The “preset” option of “libsvtav1” is used to adjust the tradeoff between encoding speed and quality. It goes from 0 (highest quality) to 13 (fastest). You should set it as low as you can. That is to say, the encoding speed should be as slow as you can afford. Otherwise, you could end up with a disappointing quality.

The CRF values are not directly comparable to x264: in a quick test, “SVT-AV1” gave me a slightly higher quality with a CRF of 38 than x264 with a CRF of 24.

AV1 can achieve 30% better compression than VP9, and 50% better than H.264.

Hardware decoding requires recent hardware, though.

It started appearing in hardware products in 2020 (from Intel, NVIDIA, AMD), and became more common in products released in 2023 (by Apple, Qualcomm, 
).

Without hardware decoding, video playback is going to use a lot of CPU power, and drain the battery fast.

Intermediate video codecs: VP8, VP9, H.265

VP8 is an open format, designed as an alternative to H.264. It’s a bit inferior in terms of quality, though.

It was superseded by VP9, with an improved compression efficiency. It should be able to do better than H.264 on that front.

ffmpeg -i input.mp4 -c:v libvpx-vp9 -crf 40 -b:v 0 -c:a libopus -b:a 128k output.webm

H.265 is the successor to H.264, and competes with VP9 in terms of quality / file size ratio.

Hardware decoding is more common for VP9 and H.265 than for AV1 (but less common than for H.264).

Compatibility with Web browsers

If you ever need to encode video for direct use in a Web browser (i.e. without re-encoding by a platform such as YouTube), you should check out “Can I use”:

https://caniuse.com/mpeg4

https://caniuse.com/webm

https://caniuse.com/av1

https://caniuse.com/opus

A note about software patents

On one hand, if you’re a private individual encoding audio/video files for your own use, you probably don’t have to care about software patents.

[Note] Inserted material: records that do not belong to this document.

-- ===== src/Handlers/Laws.antt =====
-- What every error response carries, and what it does not.
use fastapi_claude_template.Prelude.{
  ℕ, ◌≤◌, String, ◌≡◌, refl, Bool, true, false, Option, none, some, [], ◌∷◌, insert, lookup,
  lookup-insert, is_empty, arith, ◌⊎◌, inl, inr,
}
use fastapi_claude_template.Errors.{
  Failure, AppException, Kind, app, content, status_code, invalid_params, commit_error,
  rollback_error, integrity, sqlalchemy, value_error, type_error, key_error, runtime_error, api,
  network_error, external,
}
use fastapi_claude_template.Exec.{ok, Exec}
use fastapi_claude_template.World.{World}
use fastapi_claude_template.Handlers.{
  OrjsonResponse, Raised, text, errors, failure, request_validation, http_exception, texts, ticket,
  handle, app_exception_handler, validation_exception_handler, unknown_exception_handler,
}

-- An exception of the program's own hierarchy
abbrev pub is_app : Failure → Bool
is_app (app e) = true
is_app _ = false

is_app-cases : (f : Failure) → ((e : AppException) × (f ≡ app e)) ⊎ (is_app f ≡ false)
is_app-cases (app e) = inl (e, refl)
is_app-cases (invalid_params _) = inr refl
is_app-cases commit_error = inr refl
is_app-cases rollback_error = inr refl
is_app-cases (integrity _) = inr refl
is_app-cases (sqlalchemy _) = inr refl
is_app-cases (value_error _) = inr refl
is_app-cases (type_error _) = inr refl
is_app-cases (key_error _) = inr refl
is_app-cases (runtime_error _) = inr refl
is_app-cases (api _) = inr refl
is_app-cases (network_error _) = inr refl
is_app-cases (external _) = inr refl

status_code-bounds : (k : Kind) → (400 ≤ status_code k) × (status_code k ≤ 503)
unfolding status_code
status_code-bounds k = ground arith

-- An exception that the service leaves to the framework's own handler
abbrev pub is_http : Raised → Bool
is_http (http_exception status detail) = true
is_http _ = false

module _ {C D : Type 0} (default_handler : ℕ → String → Exec (World C D) OrjsonResponse) where
  handle-unknown :
      (request_id : Option String) (f : Failure)
      → is_app f ≡ false
      → (w : World C D)
      → handle default_handler request_id (failure f) w ≡ unknown_exception_handler request_id f w
  unfolding handle
  handle-unknown request_id (app e) no_app w = cc
  handle-unknown request_id (invalid_params _) no_app w = refl
  handle-unknown request_id commit_error no_app w = refl
  handle-unknown request_id rollback_error no_app w = refl
  handle-unknown request_id (integrity _) no_app w = refl
  handle-unknown request_id (sqlalchemy _) no_app w = refl
  handle-unknown request_id (value_error _) no_app w = refl
  handle-unknown request_id (type_error _) no_app w = refl
  handle-unknown request_id (key_error _) no_app w = refl
  handle-unknown request_id (runtime_error _) no_app w = refl
  handle-unknown request_id (api _) no_app w = refl
  handle-unknown request_id (network_error _) no_app w = refl
  handle-unknown request_id (external _) no_app w = refl

  -- Whatever a request with an id raises but an HTTPException, which the service leaves to the
  -- framework's own handler, the response has a status from 400 to 503 and that id as its `ticket`, and nothing
  -- else changes.
  pub handle-ticket :
      (request_id : String) (raised : Raised) (w : World C D)
      → is_empty request_id ≡ false
      → is_http raised ≡ false
      → (r : OrjsonResponse) × (handle default_handler (some request_id) raised w ≡ (ok r, w))
        × (lookup "ticket" r.body ≡ some (text request_id))
        × (400 ≤ r.status)
        × (r.status ≤ 503)
  unfolding handle app_exception_handler validation_exception_handler unknown_exception_handler
      ticket lookup
  handle-ticket request_id (http_exception status detail) w full handled = cc
  handle-ticket request_id (request_validation found) w full handled = (
    record {
      body =
          ("message", text "Validation error")
          ∷ ("detail", errors found)
          ∷ ("ticket", text request_id)
          ∷ [];
      status = 400;
      headers = none;
    },
    rw full refl,
    refl,
    omega arith,
    omega arith,
  )
  handle-ticket request_id (failure f) w full handled = elim (is_app-cases f) [
    | inl (e, same) ↦
        let (low, high) = status_code-bounds e.kind in
        (
          record {
            body = insert "ticket" (text request_id) (texts (content e));
            status = status_code e.kind;
            headers = e.headers;
          },
          rw (same, handle, full) refl,
          lookup-insert "ticket" "ticket" (text request_id) (texts (content e)),
          low,
          high,
        )
    | inr no_app ↦ (
      record {
        body = ("message", text "Internal Server Error") ∷ ("ticket", text request_id) ∷ [];
        status = 500;
        headers = some (("x-request-id", request_id) ∷ []);
      },
      rw (handle-unknown (some request_id) f no_app w, full) refl,
      refl,
      omega arith,
      omega arith,
    )
  ]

On the other hand, if you intend to release audio/video content to the public, or develop software or hardware involving codecs, beware.

Do your research to determine if you need a patent license.

Fortunately, some codecs are not subject to royalties, either because the related patents have expired (e.g. MP3), or because they were designed to be royalty-free from the start (e.g. FLAC, VP8, VP9, AV1).

Opus was also designed to use only royalty-free patents, but a group of companies with questionnable practices is now trying to collect royalties for devices implementing Opus at the hardware level.